- _Dataset extract_
* * *
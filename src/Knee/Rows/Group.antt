-- ===== src/Knee/Rows/Group.antt =====
-- sweep/mkcharts.py: what the grouping by product and rate collects.
use raft_tests.Prelude.{
  ◌≡◌, ap, ◌∙◌, inl, inr, Bool, false, List, [], ◌∷◌, ◌++◌, map, arith, ◌==◌, ok, err, Result-cases,
  keep, string_eq, option_eq, pair_eq, nat_eq, int_eq,
}
use mathlib.Core.List.{append-nil, append_assoc}
use raft_tests.Python.Dict.{Dict, append_at, list_at, list_at-append_at}
use raft_tests.Python.Csv.{Row}
use raft_tests.Knee.Rows.{Key, Entry, key_of, numbers, add_row, group_rows}

-- The row carries this product and this rate.
abbrev pub belongs : Key → Row → Bool
belongs key r = elim (key_of r) [ err e ↦ false | ok k ↦ k == key ]

add_row-belongs :
    (key : Key) (acc : Dict Key (List Entry)) (r : Row) {acc' : Dict Key (List Entry)}
    → add_row acc r ≡ ok acc'
    → list_at key acc' ≡ list_at key acc ++ map numbers (keep (belongs key) (r ∷ []))
unfolding add_row
add_row-belongs key acc r {acc'} h = elim (Result-cases (key_of r)) [
  | inr (e, fails) ↦ absurd (ground arith)
  | inl (k, found) ↦
      let added : append_at k (numbers r) acc ≡ acc' = ground arith in
      rw (← added, list_at-append_at key k (numbers r) acc)
        (ground (arith, append-nil (list_at key acc)))
]

-- When the grouping returns, the list under a key holds the numbers of just the rows with that product and
-- that rate, in the order of the files, behind what was there before.
pub group_rows-belongs :
    (key : Key) (acc : Dict Key (List Entry)) (rows : List Row) {acc' : Dict Key (List Entry)}
    → group_rows acc rows ≡ ok acc'
    → list_at key acc' ≡ list_at key acc ++ map numbers (keep (belongs key) rows)
unfolding group_rows
group_rows-belongs key acc [] {acc'} h =
    let same : acc ≡ acc' = ground arith in rw (← same, append-nil)
group_rows-belongs key acc (r ∷ rows) {acc'} h = elim (Result-cases (add_row acc r)) [
  | inr (e, fails) ↦ absurd (ground arith)
  | inl (acc₁, added) ↦
      let later = group_rows-belongs key acc₁ rows (rw added at h) in
      let first = add_row-belongs key acc r added in
      later ∙ rw (first, append_assoc) (ap (λ l. list_at key acc ++ l) (ground arith))
]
* * *
- _Problem_
The entries above hold the needed span. Transcribe exactly the lines from the one with "belongs key r" to the one with "rows ≡ ok acc'", both included.

- _Exercise result_
belongs key r = elim (key_of r) [ err e ↦ false | ok k ↦ k == key ]

add_row-belongs :
    (key : Key) (acc : Dict Key (List Entry)) (r : Row) {acc' : Dict Key (List Entry)}
    → add_row acc r ≡ ok acc'
    → list_at key acc' ≡ list_at key acc ++ map numbers (keep (belongs key) (r ∷ []))
unfolding add_row
add_row-belongs key acc r {acc'} h = elim (Result-cases (key_of r)) [
  | inr (e, fails) ↦ absurd (ground arith)
  | inl (k, found) ↦
      let added : append_at k (numbers r) acc ≡ acc' = ground arith in
      rw (← added, list_at-append_at key k (numbers r) acc)
        (ground (arith, append-nil (list_at key acc)))
]

-- When the grouping returns, the list under a key holds the numbers of just the rows with that product and
-- that rate, in the order of the files, behind what was there before.
pub group_rows-belongs :
    (key : Key) (acc : Dict Key (List Entry)) (rows : List Row) {acc' : Dict Key (List Entry)}
    → group_rows acc rows ≡ ok acc'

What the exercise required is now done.